Я так стремлюсь к общению с этими преданными, но когда они глядят на меня, они не могут не заметить мой эгоизм, а также нежелание делиться тем, что у меня есть. Они скажут: 

-Бедное дитя. Ты такой требовательный, но не готов отдавать. А в царстве Бога нет места несовершенству. 

Наступило время присоединиться к Господу и Его преданным. Нужно удостовериться в том, что я готов к этому. Я должен приблизиться к Господу, предавшись всем своим существом, предложив Ему все, что у меня есть. Я так хочу общаться с этими преданными, но когда они увидят меня, они воскликнут: 

-Он не готов! Он все еще наслаждается и страдает, переживая счастье и горе, подстраивая все для собственного наслаждения, испытывая растерянность каждый раз, сталкиваясь с горем. Дорогой мой, ты еще не готов. В царстве Бога нет места несовершенству. 

Наступило время присоединиться к Господу и Его преданным.

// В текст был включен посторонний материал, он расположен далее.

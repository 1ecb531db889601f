-- ===== src/Sched/Pick.antt =====
-- The choice of `schedule` in kern/sched/sched.c.
use zonix.Prelude.{
  ◌==◌, if◌then◌else◌, eq-beq, beq_self, Bool-cases, length, has, ℕ, zero, suc, ◌<◌, ◌≡◌, refl, sym,
  ◌∙◌, subst, inl, inr, Bool, true, false, Option, some, List, [], ◌∷◌, ◌++◌, append_assoc, arith,
}
use zonix.Links.{Ptr, Links, list_next}
use zonix.Links.Ring.{Ring, last_of}
use zonix.Links.Ops.{next-Ring, last_of_snoc}
use zonix.Sched.Switch.{HasMm, switched, run_next-HasMm}
use zonix.Sched.{
  Task, runnable, Tasks, Sched, proc_list, list_link, of_list_link, is_runnable, is_running,
  set_state, find_next, run_next, schedule,
}

-- The first of the tasks that may run, and the idle task if none may.
abbrev pub first_runnable : Tasks → Task → List Task → Task
first_runnable tasks idle [] = idle
first_runnable tasks idle (p ∷ ps) =
    if is_runnable (tasks p).state then p else first_runnable tasks idle ps

abbrev pub list_links : List Task → List Ptr
list_links [] = []
list_links (p ∷ ps) = list_link p ∷ list_links ps

of_list_link_lem : (p : Task) → of_list_link (list_link p) ≡ p
of_list_link_lem p = omega arith

not-proc_list : (p : Task) → (list_link p == proc_list) ≡ false
not-proc_list p = ground arith

pick :
    (b : Bool) (p : Task) {o : Option Task} {q : Task}
    → o ≡ some q
    → (if b then some p else o) ≡ some (if b then p else q)
pick true p h = refl
pick false p h = h

pub find_next-Ring :
    (fuel : ℕ) (tasks : Tasks) (links : Links) (idle : Task) (xs : List Ptr) (ps : List Task)
    → Ring links proc_list (xs ++ list_links ps)
    → length ps < fuel
    → find_next fuel tasks links idle (last_of proc_list xs) ≡ some (first_runnable tasks idle ps)
unfolding find_next
find_next-Ring zero tasks links idle xs ps r h = ground arith
find_next-Ring (suc fuel) tasks links idle xs [] r h = rw (next-Ring links proc_list xs [] r) refl
find_next-Ring (suc fuel) tasks links idle xs (p ∷ ps) r h =
    let whole : Ring links proc_list ((xs ++ list_link p ∷ []) ++ list_links ps) =
      rw (append_assoc xs (list_link p ∷ []) (list_links ps)) r in
    let rest =
      find_next-Ring fuel tasks links idle (xs ++ list_link p ∷ []) ps whole (ground arith) in
    let here : list_next (last_of proc_list xs) links ≡ list_link p =
      next-Ring links proc_list xs (list_links (p ∷ ps)) r in
    rw (here, not-proc_list p, of_list_link_lem p)
      (pick (is_runnable (tasks p).state) p (
        subst (λ a. find_next fuel tasks links idle a ≡ some (first_runnable tasks idle ps))
          (last_of_snoc proc_list (list_link p) xs) rest))

-- The states of the tasks after the first lines of `schedule`.
abbrev pub stopped : Sched → Tasks
stopped s =
    if is_running (s.tasks s.current).state then set_state s.current runnable s.tasks else s.tasks

pub run_next_lem :
    (next : Task) (s : Sched)
    → HasMm s next
    → HasMm s s.current
    → (t : Sched) × (run_next (some next) s ≡ some t) × (t.current ≡ next)
run_next_lem next s there here = elim (Bool-cases (next == s.current)) [
  | inl e ↦ (s, rw e refl, sym (eq-beq next s.current e))
  | inr e ↦
      let (cr3, done) = run_next-HasMm next s e there here in (switched next cr3 s, done, refl)
]

-- The idle task, the current one and all of `ps` have a directory.
abbrev pub AllHaveMm : Sched → List Task → Type 0
AllHaveMm s ps =
    HasMm s s.idle_proc × HasMm s s.current × ((p : Task) → has p ps ≡ true → HasMm s p)

pub first_runnable-HasMm :
    (tasks : Tasks) (s : Sched) (ps : List Task)
    → HasMm s s.idle_proc
    → ((p : Task) → has p ps ≡ true → HasMm s p)
    → HasMm s (first_runnable tasks s.idle_proc ps)
first_runnable-HasMm tasks s [] idle all = idle
first_runnable-HasMm tasks s (p ∷ ps) idle all = elim (Bool-cases (is_runnable (tasks p).state)) [
  | inl e ↦ rw e (all p (rw (beq_self p) refl))
  | inr e ↦ rw e (first_runnable-HasMm tasks s ps idle (λ q m. all q (ground arith)))
]

-- Stopping the current task leaves what it has.
stopped-HasMm : (s : Sched) (p : Task) → HasMm s p → HasMm (record s { tasks = stopped s }) p
stopped-HasMm s p h = rw (same p) h
  where
    same : (p : Task) → (stopped s p).mm ≡ (s.tasks p).mm
    same p = ground arith

-- With the list of all tasks a ring of `ps` and fuel for one step more than its length, `schedule`
-- returns, and it makes the first task of `ps` that may run the current one, where the task that was
-- running may run; the idle task, if none may. The idle task, the current one and all
-- of `ps` are required to have an `mm_struct` with a directory.
pub schedule-picks :
    (fuel : ℕ) (s : Sched) (ps : List Task)
    → Ring s.links proc_list (list_links ps)
    → length ps < fuel
    → AllHaveMm s ps
    → (t : Sched) × (schedule fuel s ≡ some t)
      × (t.current ≡ first_runnable (stopped s) s.idle_proc ps)
unfolding schedule
schedule-picks fuel s ps r h (idle, cur, all) =
    let next = first_runnable (stopped s) s.idle_proc ps in
    let there = first_runnable-HasMm (stopped s) s ps idle all in
    let found = find_next-Ring fuel (stopped s) s.links s.idle_proc [] ps r h in
    subst
      (λ o.
        (t : Sched) × (run_next o (record s { tasks = stopped s }) ≡ some t)
        × (t.current ≡ first_runnable (stopped s) s.idle_proc ps))
      (sym found)
      (run_next_lem next (record s { tasks = stopped s }) (stopped-HasMm s next there)
        (stopped-HasMm s s.current cur))

-- A running task that is the first of the list of all tasks stays the current one at every call of
-- `schedule`, whatever other tasks may run.
pub schedule-keeps :
    (fuel : ℕ) (s : Sched) (ps : List Task)
    → Ring s.links proc_list (list_links (s.current ∷ ps))
    → suc (length ps) < fuel
    → is_running (s.tasks s.current).state ≡ true
    → AllHaveMm s (s.current ∷ ps)
    → (t : Sched) × (schedule fuel s ≡ some t) × (t.current ≡ s.current)
schedule-keeps fuel s ps r h e mm =
    let (t, done, picked) = schedule-picks fuel s (s.current ∷ ps) r h mm in
    let first : first_runnable (stopped s) s.idle_proc (s.current ∷ ps) ≡ s.current =
      rw (e, beq_self s.current) refl in
    (t, done, picked ∙ first)
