-- ===== src/Sched/Family.antt =====
-- The pointers between a task and its children in kern/sched/sched.c.
use zonix.Prelude.{
  ◌==◌, eq-beq, beq_self, Bool-cases, has, ◌∉◌, Distinct, ℕ, ◌≡◌, refl, ap, ◌∙◌, ◌≢◌, inl, inr,
  true, false, false≢true, List, [], ◌∷◌, arith,
}
use zonix.Sched.{Task, null, TaskStruct, Tasks, link_child}

-- From `c` the `optr` pointers lead through `ps` to NULL; `yptr` leads back, and every task names the
-- parent.
abbrev pub Siblings : Tasks → Task → Task → Task → List Task → Type 0
Siblings tasks parent younger c [] = c ≡ null
Siblings tasks parent younger c (p ∷ ps) =
    (c ≡ p)
    × (p ≢ null)
    × ((tasks p).yptr ≡ younger)
    × ((tasks p).parent ≡ parent)
    × Siblings tasks parent p (tasks p).optr ps

-- The children of `parent` are `ps`, the youngest first.
abbrev pub Children : Tasks → Task → List Task → Type 0
Children tasks parent ps = Siblings tasks parent null (tasks parent).cptr ps

-- The fields that `Siblings` reads.
abbrev pub SameFamily : TaskStruct → TaskStruct → Type 0
SameFamily d e = (d.yptr ≡ e.yptr) × (d.parent ≡ e.parent) × (d.optr ≡ e.optr)

pub Siblings-frame :
    (tasks other : Tasks) (parent younger c : Task) (ps : List Task)
    → ((p : Task) → has p ps ≡ true → SameFamily (other p) (tasks p))
    → Siblings tasks parent younger c ps
    → Siblings other parent younger c ps
Siblings-frame tasks other parent younger c [] f s = s
Siblings-frame tasks other parent younger c (p ∷ ps) f (e, n, y, q, rest) =
    let (fy, fp, fo) = f p (ground arith) in
    (
      e,
      n,
      fy ∙ y,
      fp ∙ q,
      rw fo
          (Siblings-frame tasks other parent p (tasks p).optr ps (λ a h. f a (ground arith)) rest),
    )

pub has-ne : (x p : ℕ) (ps : List ℕ) → has x ps ≡ true → p ∉ ps → (x == p) ≡ false
has-ne x p [] h n = absurd (false≢true h)
has-ne x p (q ∷ ps) h n = elim (Bool-cases (x == q)) [
  | inl e ↦ let e' = eq-beq x q e in ground arith
  | inr e ↦ has-ne x p ps (ground arith) (ground arith)
]

pub link_child-other :
    (tasks : Tasks) (p parent x : Task)
    → (x == p) ≡ false
    → (x == parent) ≡ false
    → (x == (tasks parent).cptr) ≡ false
    → link_child p parent tasks x ≡ tasks x
unfolding link_child
link_child-other tasks p parent x a b c = elim (Bool-cases ((tasks parent).cptr == null)) [
  | inl e ↦ rw (e, b, a) refl
  | inr e ↦ rw (e, b, c, a) refl
]

pub same : (d e : TaskStruct) → d ≡ e → SameFamily d e
same d e h = (ap (λ d. d.yptr) h, ap (λ d. d.parent) h, ap (λ d. d.optr) h)

-- `link_child` puts a task that names the parent in front of its children.
pub link_child-Children :
    (tasks : Tasks) (p parent : Task) (ps : List Task)
    → Children tasks parent ps
    → (tasks p).parent ≡ parent
    → p ≢ null
    → p ≢ parent
    → p ∉ ps
    → parent ∉ ps
    → Distinct ps
    → Children (link_child p parent tasks) parent (p ∷ ps)
unfolding link_child
link_child-Children tasks p parent [] c e n a b d u =
    let pp : (p == parent) ≡ false = ground arith in
    let qq : (parent == p) ≡ false = ground arith in
    rw (c, pp, qq, beq_self p, beq_self parent) (refl, n, refl, e, refl)
link_child-Children tasks p parent (q ∷ ps) (h, qn, y, m, rest) e n a b d u =
    let pp : (p == parent) ≡ false = ground arith in
    let qq : (parent == p) ≡ false = ground arith in
    let pq : (p == q) ≡ false = ground arith in
    let qp : (q == p) ≡ false = ground arith in
    let parq : (parent == q) ≡ false = ground arith in
    let qpar : (q == parent) ≡ false = ground arith in
    let qnull : (q == null) ≡ false = ground arith in
    let others : Siblings (link_child p parent tasks) parent q (tasks q).optr ps =
      Siblings-frame tasks (link_child p parent tasks) parent q (tasks q).optr ps
        (λ x k. same (link_child p parent tasks x) (tasks x) (
          link_child-other tasks p parent x (has-ne x p ps k (ground arith))
            (has-ne x parent ps k (ground arith)) (rw h (has-ne x q ps k u.0))))
        rest in
    rw (h, qnull, pp, qq, pq, qp, parq, qpar, beq_self p, beq_self parent, beq_self q)
      (refl, n, refl, e, (refl, qn, refl, m, others))
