-- ===== src/Sched/Adopt.antt =====
-- The children of a task that exits, in kern/sched/sched.c.
use zonix.Prelude.{
  ◌==◌, eq-beq, beq_self, Bool-cases, length, has, ◌∉◌, Distinct, has-append, has-insert,
  Distinct-insert, ℕ, zero, suc, ◌≤◌, ◌≡◌, refl, ap, ◌∙◌, ◌≢◌, inl, inr, true, false, false≢true,
  not, ◌&&◌, some, List, [], ◌∷◌, ◌++◌, arith,
}
use zonix.Sched.{
  Task, null, Tasks, update_task, set_cptr, link_child, is_zombie, wakeup_proc, adopt_child,
  wake_init, adopt_children, is_runnable, set_state, runnable,
}
use zonix.Sched.Family.{
  Siblings, Children, SameFamily, Siblings-frame, has-ne, link_child-other, same,
  link_child-Children,
}

-- The loop moves the children one by one to the front of the others.
abbrev pub rev_onto : List Task → List Task → List Task
rev_onto [] qs = qs
rev_onto (p ∷ ps) qs = rev_onto ps (p ∷ qs)

-- No task is in both lists, and neither `a` nor `b` is in one.
abbrev pub Apart : Task → Task → List Task → List Task → Type 0
Apart a b ps qs = Distinct (ps ++ qs) × (a ∉ (ps ++ qs)) × (b ∉ (ps ++ qs)) × (a ≢ b)

link_child-cptr :
    (tasks : Tasks) (p parent x : Task)
    → x ≢ parent
    → (link_child p parent tasks x).cptr ≡ (tasks x).cptr
unfolding link_child
link_child-cptr tasks p parent x n = ground arith

pub link_child-state :
    (tasks : Tasks) (p parent x : Task) → (link_child p parent tasks x).state ≡ (tasks x).state
unfolding link_child
link_child-state tasks p parent x = ground arith

-- The tasks once `p` is unlinked from `cur` and names `init`.
abbrev moved : Task → Task → Task → Tasks → Tasks
moved p init cur tasks =
    update_task p (λ d. record d { parent = init }) (set_cptr cur (tasks p).optr tasks)

moved-SameFamily :
    (p init cur x : Task) (tasks : Tasks)
    → (x == p) ≡ false
    → SameFamily (moved p init cur tasks x) (tasks x)
moved-SameFamily p init cur x tasks h = ground arith

head_ne :
    (tasks : Tasks) (parent younger c x : Task) (qs : List Task)
    → Siblings tasks parent younger c qs
    → x ∉ qs
    → x ≢ null
    → (x == c) ≡ false
head_ne tasks parent younger c x [] s n z = ground arith
head_ne tasks parent younger c x (q ∷ qs) s n z = ground (arith, s.0)

Siblings-ne_null :
    (tasks : Tasks) (parent younger c x : Task) (ps : List Task)
    → Siblings tasks parent younger c ps
    → has x ps ≡ true
    → x ≢ null
Siblings-ne_null tasks parent younger c x [] s h = absurd (false≢true h)
Siblings-ne_null tasks parent younger c x (p ∷ ps) (e, n, y, q, rest) h =
    elim (Bool-cases (x == p)) [
      | inl same ↦ rw (eq-beq x p same) n
      | inr other ↦ Siblings-ne_null tasks parent p (tasks p).optr x ps rest (ground arith)
    ]

Distinct-right : (xs ys : List ℕ) → Distinct (xs ++ ys) → Distinct ys
Distinct-right [] ys d = d
Distinct-right (x ∷ xs) ys d = Distinct-right xs ys d.1

Distinct-apart : (a : ℕ) (xs ys : List ℕ) → Distinct (xs ++ ys) → has a xs ≡ true → a ∉ ys
Distinct-apart a [] ys d h = absurd (false≢true h)
Distinct-apart a (x ∷ xs) ys d h = elim (Bool-cases (a == x)) [
  | inl same ↦ rw (eq-beq a x same) (ground (arith, has-append x xs ys, d.0))
  | inr other ↦ Distinct-apart a xs ys d.1 (ground arith)
]

-- A turn of the loop: the first child of `cur` becomes the first of `init`.
adopt_child-Children :
    (p init cur y : Task) (tasks : Tasks) (ps qs : List Task)
    → Siblings tasks cur y (tasks cur).cptr (p ∷ ps)
    → Children tasks init qs
    → Apart init cur (p ∷ ps) qs
    → Siblings (adopt_child p init cur tasks) cur p (adopt_child p init cur tasks cur).cptr ps
      × Children (adopt_child p init cur tasks) init (p ∷ qs)
unfolding adopt_child
adopt_child-Children p init cur y tasks ps qs (first, pn, py, pp, rest) others
      ((fresh, d), ni, nc, ne) =
    let m = moved p init cur tasks in
    let t = link_child p init m in
    let p_qs : p ∉ qs = ground (arith, has-append p ps qs) in
    let p_ps : p ∉ ps = ground (arith, has-append p ps qs) in
    let i_p : (init == p) ≡ false = ground arith in
    let c_p : (cur == p) ≡ false = ground arith in
    let i_c : (init == cur) ≡ false = ground arith in
    let i_qs : init ∉ qs = ground (arith, has-append init ps qs) in
    let i_ps : init ∉ ps = ground (arith, has-append init ps qs) in
    let top : (m init).cptr ≡ (tasks init).cptr = rw (i_p, i_c) refl in
    let kept : Children m init qs = rw top (
      Siblings-frame tasks m init null (tasks init).cptr qs
        (λ x h. moved-SameFamily p init cur x tasks (has-ne x p qs h p_qs)) others) in
    let added =
      link_child-Children m p init qs kept (rw (beq_self p) refl) pn (λ e. ground arith) p_qs i_qs
        (Distinct-right ps qs d) in
    let next : (t cur).cptr ≡ (tasks p).optr =
      link_child-cptr m p init cur (λ e. ground arith) ∙ rw (c_p, beq_self cur) refl in
    (
      rw next (
          Siblings-frame tasks t cur p (tasks p).optr ps
            (λ x h.
              let same_m : t x ≡ m x =
                link_child-other m p init x (has-ne x p ps h p_ps) (has-ne x init ps h i_ps) (
                  head_ne m init null (m init).cptr x qs kept (Distinct-apart x ps qs d h)
                    (Siblings-ne_null tasks cur p (tasks p).optr x ps rest h)) in
              rw same_m (moved-SameFamily p init cur x tasks (has-ne x p ps h p_ps)))
            rest),
      added,
    )

pub adopt_child-state :
    (p init cur x : Task) (tasks : Tasks) → (adopt_child p init cur tasks x).state ≡ (tasks x).state
unfolding adopt_child
adopt_child-state p init cur x tasks =
    link_child-state (moved p init cur tasks) p init x ∙ ground arith

-- The same pointers at every task.
abbrev pub SameLinks : Tasks → Tasks → Type 0
SameLinks t tasks = (x : Task) → SameFamily (t x) (tasks x) × ((t x).cptr ≡ (tasks x).cptr)

-- Waking `init`, which is no zombie, changes no pointer.
wake_init-SameLinks :
    (p init : Task) (tasks : Tasks)
    → is_zombie (tasks init).state ≡ false
    → (t : Tasks) × (wake_init p init tasks ≡ some t)
      × SameLinks t tasks
      × (is_zombie (t init).state ≡ false)
unfolding wake_init wakeup_proc
wake_init-SameLinks p init tasks live =
    elim (Bool-cases (is_zombie (tasks p).state && not ((tasks init).wait_state == 0))) [
      | inr e ↦ (tasks, rw e refl, (λ x. ((refl, refl, refl), refl)), live)
      | inl e ↦ elim (Bool-cases (is_runnable (tasks init).state)) [
        | inl r ↦ (tasks, rw (e, live, r) refl, (λ x. ((refl, refl, refl), refl)), live)
        | inr r ↦ (
          set_state init runnable tasks,
          rw (e, live, r) refl,
          (λ x. ((ground arith, ground arith, ground arith), ground arith)),
          rw (beq_self init) refl,
        )
      ]
    ]

Apart-turn : (a b p : Task) (ps qs : List Task) → Apart a b (p ∷ ps) qs → Apart a b ps (p ∷ qs)
Apart-turn a b p ps qs (d, na, nb, ne) = (
  Distinct-insert p ps qs d.1 d.0,
  ground (arith, has-insert a p ps qs),
  ground (arith, has-insert b p ps qs),
  ne,
)

-- With fuel for each child of `cur` the loop of `do_exit` ends. If `init` is no zombie it then has all
-- the children of `cur` in front of its own, the eldest first, each naming it as the parent, and `cur`
-- has none.
pub adopt_children-Children :
    (fuel : ℕ) (init cur y : Task) (tasks : Tasks) (ps qs : List Task)
    → Siblings tasks cur y (tasks cur).cptr ps
    → Children tasks init qs
    → Apart init cur ps qs
    → is_zombie (tasks init).state ≡ false
    → length ps ≤ fuel
    → (t : Tasks) × (adopt_children fuel init cur tasks ≡ some t)
      × Children t init (rev_onto ps qs)
      × ((t cur).cptr ≡ null)
unfolding adopt_children
adopt_children-Children zero init cur y tasks [] qs s c a live h = (tasks, rw s refl, c, s)
adopt_children-Children zero init cur y tasks (p ∷ ps) qs s c a live h = absurd (omega arith)
adopt_children-Children (suc fuel) init cur y tasks [] qs s c a live h = (tasks, rw s refl, c, s)
adopt_children-Children (suc fuel) init cur y tasks (p ∷ ps) qs s c a live h =
    let (s', c') = adopt_child-Children p init cur y tasks ps qs s c a in
    let moved = adopt_child p init cur tasks in
    let live' : is_zombie (moved init).state ≡ false =
      ap is_zombie (adopt_child-state p init cur init tasks) ∙ live in
    let (woken, done, kept, up) = wake_init-SameLinks p init moved live' in
    let s'' : Siblings woken cur p (woken cur).cptr ps =
      rw (kept cur).1
        (Siblings-frame moved woken cur p (moved cur).cptr ps (λ x k. (kept x).0) s') in
    let c'' : Children woken init (p ∷ qs) =
      rw (kept init).1
        (Siblings-frame moved woken init null (moved init).cptr (p ∷ qs) (λ x k. (kept x).0) c') in
    let (t, rest, all, none_left) =
      adopt_children-Children fuel init cur p woken ps (p ∷ qs) s'' c''
        (Apart-turn init cur p ps qs a) up (ground arith) in
    let child : (p == null) ≡ false = ground arith in
    (t, rw (s.0, child, done) rest, all, none_left)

Нужно удостовериться в том, что я готов к этому. Я должен приблизиться к Господу, предавшись всем своим существом, предложив Ему все, что у меня есть. Я очень хочу общаться с этими преданными, но когда они глядят на меня, то сразу восклицают: 

-Этот человек слишком часто думает, что владеет и контролирует чтото! Очевидно, что он не готов. В царстве Бога нет места несовершенству. 

Наступило время присоединиться к Господу и Его преданным. Нужно удостовериться в том, что я готов к этому. Я должен приблизиться к Господу, предавшись всем своим существом, предложив Ему все, что у меня есть. Но, как только эти великие преданные останавливают на мне свой взгляд, они восклицают: 
Этого человека обуревают страхи и обусловленность. Хуже того, у него нет любви к Господу. Он еще не готов. В царстве Бога нет места несовершенству. 

После этого анализа я даже удивился, насколько далек от желаемого круга общения. Чувствуя себя отвергнутым, я неожиданно услышал восклицание одного преданного: 

-"Хотя он не обладает необходимыми качествами, его случай особый. Он удостоился жалости Господа Нитьянанды и к нему пришел наставник, чтобы помочь ему избавиться от анартх. 

Этот наставник настолько могуществен и необычайно милостив, что на его возвращение и начало личного служения Господу не понадобится много времени. Трудно понять, что стало причиной такой милости и благословений, выпавших на долю этой души?" 

Когда я услышал эти слова, произнесенные слугами моего возлюбленного Господа, я испытал необычайное ликование, осознав, что уже в этой жизни смогу вернуться обратно в духовный мир. Я понял, насколько важно и необходимо научиться распознавать собственные анартхи и немедленно избавляться от них. Все необходимое для достижения совершенства и возвращения домой уже поджидало меня, потому что в царстве Бога нет места несовершенствам. 

Харе Кришна!

----------


## Mahottsava Gauranga das

а кто автор первого абзаца - сообщения?

----------


## Грамани дас

Харе Кришна! Подскажите, пожалуйста, когда по лунному календарю день ухода Бхакти Тиртхи Махараджа в 2013г?

----------


## Lakshmana Prana das

> Харе Кришна! Подскажите, пожалуйста, когда по лунному календарю день ухода Бхакти Тиртхи Махараджа в 2013г?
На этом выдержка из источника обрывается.